▸ Recorded data:
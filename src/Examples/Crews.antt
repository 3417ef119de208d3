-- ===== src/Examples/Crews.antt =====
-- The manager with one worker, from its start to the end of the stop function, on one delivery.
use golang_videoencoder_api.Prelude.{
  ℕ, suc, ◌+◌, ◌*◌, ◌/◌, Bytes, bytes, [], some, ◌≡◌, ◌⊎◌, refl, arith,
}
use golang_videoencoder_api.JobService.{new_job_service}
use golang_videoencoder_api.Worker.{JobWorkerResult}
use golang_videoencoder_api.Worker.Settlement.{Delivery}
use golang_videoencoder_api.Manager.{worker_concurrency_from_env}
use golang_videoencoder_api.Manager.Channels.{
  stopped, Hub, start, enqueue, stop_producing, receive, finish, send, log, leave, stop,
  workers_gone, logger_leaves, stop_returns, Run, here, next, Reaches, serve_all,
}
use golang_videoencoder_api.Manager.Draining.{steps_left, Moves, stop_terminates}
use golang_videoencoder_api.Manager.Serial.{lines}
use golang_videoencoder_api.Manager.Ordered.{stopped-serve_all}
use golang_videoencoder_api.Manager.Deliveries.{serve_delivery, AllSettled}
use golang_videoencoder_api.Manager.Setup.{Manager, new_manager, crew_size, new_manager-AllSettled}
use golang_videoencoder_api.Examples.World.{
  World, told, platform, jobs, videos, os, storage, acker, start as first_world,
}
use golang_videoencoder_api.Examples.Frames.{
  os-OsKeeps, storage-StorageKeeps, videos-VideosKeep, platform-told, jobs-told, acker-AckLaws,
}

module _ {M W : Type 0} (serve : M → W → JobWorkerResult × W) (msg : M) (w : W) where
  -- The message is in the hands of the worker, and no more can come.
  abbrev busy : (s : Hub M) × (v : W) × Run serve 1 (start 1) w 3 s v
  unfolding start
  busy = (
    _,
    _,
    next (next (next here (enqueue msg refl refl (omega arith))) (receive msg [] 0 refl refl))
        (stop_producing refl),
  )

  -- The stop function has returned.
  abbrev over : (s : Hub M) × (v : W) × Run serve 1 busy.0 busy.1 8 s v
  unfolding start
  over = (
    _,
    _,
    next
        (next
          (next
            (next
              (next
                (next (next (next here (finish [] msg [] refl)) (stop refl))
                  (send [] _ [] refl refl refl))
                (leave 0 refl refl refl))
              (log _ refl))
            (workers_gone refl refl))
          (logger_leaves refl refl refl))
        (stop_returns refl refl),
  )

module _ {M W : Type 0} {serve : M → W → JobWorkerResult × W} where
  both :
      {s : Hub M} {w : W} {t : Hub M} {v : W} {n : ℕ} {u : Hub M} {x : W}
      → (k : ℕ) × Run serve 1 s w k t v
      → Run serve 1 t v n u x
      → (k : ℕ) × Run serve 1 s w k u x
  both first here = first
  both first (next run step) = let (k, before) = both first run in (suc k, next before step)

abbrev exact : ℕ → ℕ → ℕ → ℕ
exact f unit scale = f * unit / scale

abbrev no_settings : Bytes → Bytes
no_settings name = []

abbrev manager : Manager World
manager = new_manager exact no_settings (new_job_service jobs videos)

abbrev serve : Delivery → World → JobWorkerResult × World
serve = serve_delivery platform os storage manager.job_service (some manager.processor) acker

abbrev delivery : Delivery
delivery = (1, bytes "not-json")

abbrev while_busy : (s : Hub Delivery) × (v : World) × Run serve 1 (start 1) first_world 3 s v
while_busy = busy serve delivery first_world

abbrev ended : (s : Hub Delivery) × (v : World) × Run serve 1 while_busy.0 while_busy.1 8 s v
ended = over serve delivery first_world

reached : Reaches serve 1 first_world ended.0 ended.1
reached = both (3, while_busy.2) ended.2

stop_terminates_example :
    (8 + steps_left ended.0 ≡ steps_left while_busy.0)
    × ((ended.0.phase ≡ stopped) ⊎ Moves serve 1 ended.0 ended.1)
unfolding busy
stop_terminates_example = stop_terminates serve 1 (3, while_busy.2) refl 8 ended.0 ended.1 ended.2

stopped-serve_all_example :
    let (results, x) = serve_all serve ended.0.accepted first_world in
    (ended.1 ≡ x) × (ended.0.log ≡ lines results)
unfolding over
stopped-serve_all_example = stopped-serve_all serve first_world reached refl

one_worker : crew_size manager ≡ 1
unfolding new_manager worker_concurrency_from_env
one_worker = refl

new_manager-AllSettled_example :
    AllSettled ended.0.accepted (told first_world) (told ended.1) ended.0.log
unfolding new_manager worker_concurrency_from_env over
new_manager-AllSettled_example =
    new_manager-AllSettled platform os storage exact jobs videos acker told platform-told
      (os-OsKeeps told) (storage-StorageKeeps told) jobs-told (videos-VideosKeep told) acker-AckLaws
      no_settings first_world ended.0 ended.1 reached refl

--

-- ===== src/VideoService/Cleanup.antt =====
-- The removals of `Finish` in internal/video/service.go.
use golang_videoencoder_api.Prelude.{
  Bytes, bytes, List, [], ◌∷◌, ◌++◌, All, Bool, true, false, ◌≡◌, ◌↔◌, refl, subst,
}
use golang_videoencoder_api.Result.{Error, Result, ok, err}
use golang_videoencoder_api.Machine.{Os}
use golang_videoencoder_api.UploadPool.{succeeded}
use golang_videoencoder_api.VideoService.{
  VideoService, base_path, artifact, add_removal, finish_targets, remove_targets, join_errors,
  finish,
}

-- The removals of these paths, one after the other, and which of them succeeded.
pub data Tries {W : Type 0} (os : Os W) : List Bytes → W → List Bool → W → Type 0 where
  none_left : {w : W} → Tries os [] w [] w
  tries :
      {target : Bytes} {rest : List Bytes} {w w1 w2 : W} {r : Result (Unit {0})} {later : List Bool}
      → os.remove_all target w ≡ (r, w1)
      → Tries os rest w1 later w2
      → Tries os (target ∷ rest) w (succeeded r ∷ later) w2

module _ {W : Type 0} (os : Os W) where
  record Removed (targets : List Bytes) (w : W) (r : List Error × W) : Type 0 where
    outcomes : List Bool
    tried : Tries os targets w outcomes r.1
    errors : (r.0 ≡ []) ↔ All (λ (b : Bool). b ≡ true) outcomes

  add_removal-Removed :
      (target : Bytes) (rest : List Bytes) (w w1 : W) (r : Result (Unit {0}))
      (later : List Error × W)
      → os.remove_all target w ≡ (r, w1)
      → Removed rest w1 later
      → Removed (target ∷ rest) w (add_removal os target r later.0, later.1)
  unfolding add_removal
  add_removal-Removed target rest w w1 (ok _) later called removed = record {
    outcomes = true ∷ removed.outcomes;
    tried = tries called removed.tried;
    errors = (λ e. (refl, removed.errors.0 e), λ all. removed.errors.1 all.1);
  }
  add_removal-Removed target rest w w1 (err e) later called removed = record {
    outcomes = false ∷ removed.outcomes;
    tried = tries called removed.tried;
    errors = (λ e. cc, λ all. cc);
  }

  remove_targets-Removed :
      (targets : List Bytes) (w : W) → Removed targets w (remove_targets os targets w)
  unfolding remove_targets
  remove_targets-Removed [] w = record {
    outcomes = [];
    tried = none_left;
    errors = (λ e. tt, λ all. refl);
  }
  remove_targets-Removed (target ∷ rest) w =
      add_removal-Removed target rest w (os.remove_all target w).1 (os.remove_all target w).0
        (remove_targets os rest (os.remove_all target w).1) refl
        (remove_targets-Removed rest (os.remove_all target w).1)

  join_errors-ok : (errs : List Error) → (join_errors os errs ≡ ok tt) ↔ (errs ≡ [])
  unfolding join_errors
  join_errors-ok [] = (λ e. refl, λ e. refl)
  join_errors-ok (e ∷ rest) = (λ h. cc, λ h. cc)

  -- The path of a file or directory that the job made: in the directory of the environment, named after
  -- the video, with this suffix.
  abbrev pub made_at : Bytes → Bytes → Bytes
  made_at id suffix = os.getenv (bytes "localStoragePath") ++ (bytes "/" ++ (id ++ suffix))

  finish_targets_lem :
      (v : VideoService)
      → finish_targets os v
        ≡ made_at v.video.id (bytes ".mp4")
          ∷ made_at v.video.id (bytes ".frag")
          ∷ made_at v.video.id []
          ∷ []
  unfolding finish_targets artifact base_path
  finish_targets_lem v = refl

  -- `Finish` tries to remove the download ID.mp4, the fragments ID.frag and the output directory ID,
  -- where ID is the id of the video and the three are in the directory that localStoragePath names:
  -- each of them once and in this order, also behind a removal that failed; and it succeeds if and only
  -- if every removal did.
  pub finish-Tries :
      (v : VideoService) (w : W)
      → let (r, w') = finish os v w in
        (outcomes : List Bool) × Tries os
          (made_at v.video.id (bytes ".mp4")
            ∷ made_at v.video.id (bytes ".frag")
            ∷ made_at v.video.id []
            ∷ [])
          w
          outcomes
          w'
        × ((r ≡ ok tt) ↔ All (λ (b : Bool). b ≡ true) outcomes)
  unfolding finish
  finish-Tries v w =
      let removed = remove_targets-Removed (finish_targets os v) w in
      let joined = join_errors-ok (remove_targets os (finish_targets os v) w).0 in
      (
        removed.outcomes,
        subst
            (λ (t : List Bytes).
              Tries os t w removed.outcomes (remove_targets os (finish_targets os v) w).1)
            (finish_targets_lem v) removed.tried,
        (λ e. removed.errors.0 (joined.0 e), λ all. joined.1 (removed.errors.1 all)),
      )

▸ What to do: Extract the lines of the preceding material that run from the line with "(ended.1 ≡ x)" through the line with "one_worker = refl", inclusive, reproducing them exactly and adding nothing.

▸ Exercise result:
    (ended.1 ≡ x) × (ended.0.log ≡ lines results)
unfolding over
stopped-serve_all_example = stopped-serve_all serve first_world reached refl

one_worker : crew_size manager ≡ 1
unfolding new_manager worker_concurrency_from_env
one_worker = refl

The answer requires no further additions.